BRIEF:
Produce word for word the lines of the data below running from the one that has "component none = false" to the one that has "ModelData O × Bool", inclusive, and no others.

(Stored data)
BEGIN

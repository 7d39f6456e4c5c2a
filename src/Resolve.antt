-- ===== src/Resolve.antt =====
-- pkg/eventfilter/resolvefindings/resolvefindings.go: the filter that deletes findings which a created
-- or updated resource makes obsolete. What it reads of a finding and of an instance is a record of
-- getters beside the model's; `uuid.NewSHA1` on the name of a kind is one of them. Log lines are left
-- out.
pub mod Obsolete
pub mod Deletes
pub mod Concerns
pub mod Meaning
pub mod Deleted
mod Tests
use modelsrv.Prelude.{
  String, Bool, true, false, not, ◌&&◌, ◌||◌, Option, none, some, List, [], ◌∷◌, ◌==◌, nat_eq,
  string_eq, if◌then◌else◌,
}
use modelsrv.Event.{Event, Uuid, nil}
use modelsrv.Event.Kind.{
  ResourceType, resource_type_eq, unknown_resource_type, finding_resource, finding_type_resource,
  api_instance_resource, component_instance_resource, system_instance_resource,
}
use modelsrv.Event.Wire.{Operation, create_operation, update_operation, operation_eq}
use modelsrv.Model.Stores.{Store, store_of, findings_by_uuid}
use modelsrv.Model.State.{ModelData, Objects, after}
use modelsrv.Model.Catalog.{get_finding_type_by_id, get_finding_by_id}
use modelsrv.Model.Landscape.{
  get_api_instance_by_id, get_component_instance_by_id, get_system_instance_by_id,
}
use modelsrv.Model.Calls.{get_by_id}
use modelsrv.FindingKinds.{
  FindingKind, context_type_missing, context_parent_not_found, node_type_missing,
  missing_resource_reference,
}
use modelsrv.Model.Findings.{get_findings_referencing_resource, delete_finding_by_id}

-- `ResourceRef`
pub record ResourceRef : Type 0 where
  pub resource_id : Uuid
  pub resource_type : ResourceType

-- The getters of findings and instances. A reference of an instance is the identifier in it, and
-- `none` is a nil one.
pub record FindingObjects (O : Type 0) : Type 0 where
  pub get_finding_type_id : O → Uuid
  pub get_resources : O → List (Option ResourceRef)
  pub get_api_ref : O → Option Uuid
  pub get_component_ref : O → Option Uuid
  pub get_system_ref : O → Option Uuid
  pub type_id_for_kind : FindingKind → Uuid

abbrev pub is_there : {A : Type 0} → Option A → Bool
is_there none = false
is_there (some a) = true

-- `phase0Kinds`
abbrev pub phase0_kinds : List FindingKind
phase0_kinds = context_type_missing ∷ context_parent_not_found ∷ node_type_missing ∷ []

-- `refMatchesEvent`
abbrev pub ref_matches_event : {O : Type 0} → Option ResourceRef → Event O → Bool
ref_matches_event none ev = false
ref_matches_event (some ref) ev =
    ref.resource_id == ev.resource_id
    && (ref.resource_type == unknown_resource_type || ref.resource_type == ev.resource_type)

-- The kind that is looked up for a reference: that of the event, if the reference has none.
abbrev pub checked_type : {O : Type 0} → ResourceRef → Event O → ResourceType
checked_type ref ev =
    if ref.resource_type == unknown_resource_type then ev.resource_type else ref.resource_type

-- Whether a reference of an instance names something.
abbrev pub refers : Option Uuid → Bool
refers none = false
refers (some id) = not (id == nil)

module _ {O : Type 0} where
  -- The `exists` of the handlers: the getter of the kind gives something.
  abbrev pub exists : ModelData O → Uuid → Option Store → Bool
  exists m id none = false
  exists m id (some s) = is_there (get_by_id m s id)

  -- `ResourceExists`
  unfoldable pub resource_exists : ModelData O → Uuid → ResourceType → Bool
  resource_exists m id rt = if id == nil then false else exists m id (store_of rt)

  -- The loop of `tryResolveDanglingRef`.
  unfoldable pub dangling_in : ModelData O → Event O → List (Option ResourceRef) → Bool
  dangling_in m ev [] = false
  dangling_in m ev (none ∷ refs) = dangling_in m ev refs
  dangling_in m ev (some ref ∷ refs) =
      ref_matches_event (some ref) ev && resource_exists m ref.resource_id (checked_type ref ev)
      || dangling_in m ev refs

  -- Whether the filter looks at the event.
  abbrev pub is_relevant : Event O → Bool
  is_relevant ev =
      (ev.operation == create_operation || ev.operation == update_operation)
      && not (ev.resource_type == finding_resource)
      && not (ev.resource_type == finding_type_resource)
      && not (ev.resource_id == nil)

module _ {O : Type 0} (ob : Objects O) where
  -- `deleteFinding`
  unfoldable pub delete_finding : ModelData O → Uuid → ModelData O
  delete_finding m id = elim (get_finding_by_id m id) [
    | none ↦ m
    | some f ↦ after m (delete_finding_by_id ob m id)
  ]

module _ {O : Type 0} (ob : Objects O) (fo : FindingObjects O) where
  -- Whether the identifier or the name of a finding's type is that of a kind of the list.
  unfoldable pub has_type_id : Uuid → List String → Bool
  has_type_id id [] = false
  has_type_id id (kind ∷ kinds) = id == fo.type_id_for_kind kind || has_type_id id kinds

  unfoldable pub has_type_name : Option O → List String → Bool
  has_type_name none kinds = false
  has_type_name (some ft) [] = false
  has_type_name (some ft) (kind ∷ kinds) =
      ob.get_display_name ft == kind || has_type_name (some ft) kinds

  -- `isPhase0Finding`
  unfoldable pub is_phase0_finding : ModelData O → O → Bool
  is_phase0_finding m f =
      let id : Uuid = fo.get_finding_type_id f in
      has_type_id id phase0_kinds || has_type_name (get_finding_type_by_id m id) phase0_kinds

  -- `isMissingResourceReference`
  unfoldable pub is_missing_resource_reference : ModelData O → O → Bool
  is_missing_resource_reference m f =
      let id : Uuid = fo.get_finding_type_id f in
      has_type_id id (missing_resource_reference ∷ [])
      || has_type_name (get_finding_type_by_id m id) (missing_resource_reference ∷ [])

  -- `subjectHasRequiredRef`
  unfoldable pub subject_has_required_ref : ModelData O → ResourceRef → Bool
  subject_has_required_ref m subject =
      let id : Uuid = subject.resource_id in
      if subject.resource_type == api_instance_resource
      then api (get_api_instance_by_id m id)
      else if subject.resource_type == component_instance_resource
      then component (get_component_instance_by_id m id)
      else if subject.resource_type == system_instance_resource
      then system (get_system_instance_by_id m id)
      else false
    where
      api : Option O → Bool
      api none = false
      api (some ai) = refers (fo.get_api_ref ai)

      component : Option O → Bool
      component none = false
      component (some ci) = refers (fo.get_component_ref ci)

      system : Option O → Bool
      system none = false
      system (some si) = refers (fo.get_system_ref si)

  -- `tryResolveDanglingRef`: the first reference is passed over, and a lone one leaves none.
  unfoldable pub try_resolve_dangling_ref :
      ModelData O → O → List (Option ResourceRef) → Event O → ModelData O × Bool
  try_resolve_dangling_ref m f [] ev = (m, false)
  try_resolve_dangling_ref m f (subject ∷ refs) ev =
      if dangling_in m ev refs
      then (delete_finding ob m (ob.get_id findings_by_uuid f), true)
      else (m, false)

  -- `tryResolveMissingResourceReference`
  unfoldable pub try_resolve_missing_resource_reference :
      ModelData O → O → List (Option ResourceRef) → Event O → ModelData O
  try_resolve_missing_resource_reference m f [] ev = m
  try_resolve_missing_resource_reference m f (none ∷ refs) ev = m
  try_resolve_missing_resource_reference m f (some subject ∷ refs) ev =
      if is_missing_resource_reference m f
      then if ref_matches_event (some subject) ev
        then if subject_has_required_ref m subject
          then delete_finding ob m (ob.get_id findings_by_uuid f)
          else m
        else m
      else m

  -- The loop of `resolveAgainstEvent`.
  unfoldable pub resolve_candidate : ModelData O → Event O → O → ModelData O
  resolve_candidate m ev f =
      let refs = fo.get_resources f in
      if is_phase0_finding m f
      then m
      else let (u, resolved) = try_resolve_dangling_ref m f refs ev in
        if resolved then u else try_resolve_missing_resource_reference u f refs ev

  unfoldable pub resolve_candidates : ModelData O → Event O → List O → ModelData O
  resolve_candidates m ev [] = m
  resolve_candidates m ev (f ∷ fs) = resolve_candidates (resolve_candidate m ev f) ev fs

  -- `resolveAgainstEvent`
  unfoldable pub resolve_against_event : ModelData O → Event O → ModelData O
  resolve_against_event m ev =
      resolve_candidates m ev (get_findings_referencing_resource m ev.resource_id)

  -- `filterFunc`
  unfoldable pub filter_func : ModelData O → Event O → ModelData O × List (Event O)
  filter_func m ev = (if is_relevant ev then resolve_against_event m ev else m, ev ∷ [])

END

WRITTEN REPLY:
      component none = false
      component (some ci) = refers (fo.get_component_ref ci)

      system : Option O → Bool
      system none = false
      system (some si) = refers (fo.get_system_ref si)

  -- `tryResolveDanglingRef`: the first reference is passed over, and a lone one leaves none.
  unfoldable pub try_resolve_dangling_ref :
      ModelData O → O → List (Option ResourceRef) → Event O → ModelData O × Bool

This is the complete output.